When you think you have found the solution, check down below for an explanation and the final answer.

First of all, let’s break down the problem line by line and solve each part of the equation. That should allow us to solve the final equation.

In the first equation, we have 1 red balloon plus 1 red balloon plus 1 red balloon, which equals 30. **That means that each red balloon must be equal to 10.**

In the second equation, we see that 1 red balloon plus 2 yellow balloons plus 2 yellow balloons equals 18. Since we’ve established that 1 red balloon equals 10, we can subtract that from both sides of the equation, and we now know that 2 yellow balloons plus 2 yellow balloons equals 8. **Therefore, 2 yellow balloons must equal 4.**

Thirdly, we have 2 yellow balloons minus 2 green balloons, which equals 2. Because we now know that 2 yellow balloons equals 4, we can now determine that **2 green balloons must equal 2.**

Now, we have the value of *all* of the balloons, and so we are able to solve the last equation.

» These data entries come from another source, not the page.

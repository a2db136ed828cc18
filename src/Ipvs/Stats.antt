-- ===== src/Ipvs/Stats.antt =====
-- The statistics of crates/nlx-netlink/src/collectors/ipvs.rs, in their two layouts.
use mathlib.Core.List.{foldl}
use mathlib.Core.Option
use netlink_exporter.Base.{ℕ, Option, none, some, ◌==◌, if◌then◌else◌}
use netlink_exporter.Wire.{Bytes, Nla, nested_attrs, read_u32, read_u64}

pub record Stats64 : Type 0 where
  pub conns : ℕ
  pub in_pkts : ℕ
  pub out_pkts : ℕ
  pub in_bytes : ℕ
  pub out_bytes : ℕ
  pub cps : ℕ
  pub in_pps : ℕ
  pub out_pps : ℕ
  pub in_bps : ℕ
  pub out_bps : ℕ

abbrev pub no_stats : Stats64
no_stats = record {
  conns = 0;
  in_pkts = 0;
  out_pkts = 0;
  in_bytes = 0;
  out_bytes = 0;
  cps = 0;
  in_pps = 0;
  out_pps = 0;
  in_bps = 0;
  out_bps = 0;
}

-- The match on one attribute of the 64-bit statistics.
unfoldable pub stats64_attr : Stats64 → Nla → Stats64
stats64_attr s a =
    if a.ty == 1
    then record s { conns = Option.get_or (read_u64 a.payload) 0 }
    else if a.ty == 2
    then record s { in_pkts = Option.get_or (read_u64 a.payload) 0 }
    else if a.ty == 3
    then record s { out_pkts = Option.get_or (read_u64 a.payload) 0 }
    else if a.ty == 4
    then record s { in_bytes = Option.get_or (read_u64 a.payload) 0 }
    else if a.ty == 5
    then record s { out_bytes = Option.get_or (read_u64 a.payload) 0 }
    else if a.ty == 6
    then record s { cps = Option.get_or (read_u64 a.payload) 0 }
    else if a.ty == 7
    then record s { in_pps = Option.get_or (read_u64 a.payload) 0 }
    else if a.ty == 8
    then record s { out_pps = Option.get_or (read_u64 a.payload) 0 }
    else if a.ty == 9
    then record s { in_bps = Option.get_or (read_u64 a.payload) 0 }
    else if a.ty == 10
    then record s { out_bps = Option.get_or (read_u64 a.payload) 0 }
    else s

unfoldable pub parse_stats64 : Bytes → Stats64
unfolding stats64_attr
parse_stats64 payload = foldl stats64_attr no_stats (nested_attrs payload)

-- The match on one attribute of the 32-bit statistics, whose byte counters have 64 bits.
unfoldable pub stats32_attr : Stats64 → Nla → Stats64
stats32_attr s a =
    if a.ty == 1
    then record s { conns = Option.get_or (read_u32 a.payload) 0 }
    else if a.ty == 2
    then record s { in_pkts = Option.get_or (read_u32 a.payload) 0 }
    else if a.ty == 3
    then record s { out_pkts = Option.get_or (read_u32 a.payload) 0 }
    else if a.ty == 4
    then record s { in_bytes = Option.get_or (read_u64 a.payload) 0 }
    else if a.ty == 5
    then record s { out_bytes = Option.get_or (read_u64 a.payload) 0 }
    else if a.ty == 6
    then record s { cps = Option.get_or (read_u32 a.payload) 0 }
    else if a.ty == 7
    then record s { in_pps = Option.get_or (read_u32 a.payload) 0 }
    else if a.ty == 8
    then record s { out_pps = Option.get_or (read_u32 a.payload) 0 }
    else if a.ty == 9
    then record s { in_bps = Option.get_or (read_u32 a.payload) 0 }
    else if a.ty == 10
    then record s { out_bps = Option.get_or (read_u32 a.payload) 0 }
    else s

unfoldable pub parse_stats32 : Bytes → Stats64
unfolding stats32_attr
parse_stats32 payload = foldl stats32_attr no_stats (nested_attrs payload)

-- The 64-bit statistics if they are there, else the 32-bit ones.
abbrev pub choose_stats : Option Bytes → Option Bytes → Stats64
choose_stats (some p) stats32 = parse_stats64 p
choose_stats none (some p) = parse_stats32 p
choose_stats none none = no_stats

Thus, we may solve the fourth equation, 1 green balloon plus 1 red balloon multiplied by 1 yellow balloon.

From the first three equations, we learned that 2 yellow balloons equals 4, and 2 green balloons equals 2. It therefore seems reasonable that 1 yellow balloon should equal 2, and 1 green balloon should equal 1.

Also, you need to remember that there is an **order of operations** for solving addition and multiplication; *numbers multiplied by each other have to be solved first* or the answer will be incorrect.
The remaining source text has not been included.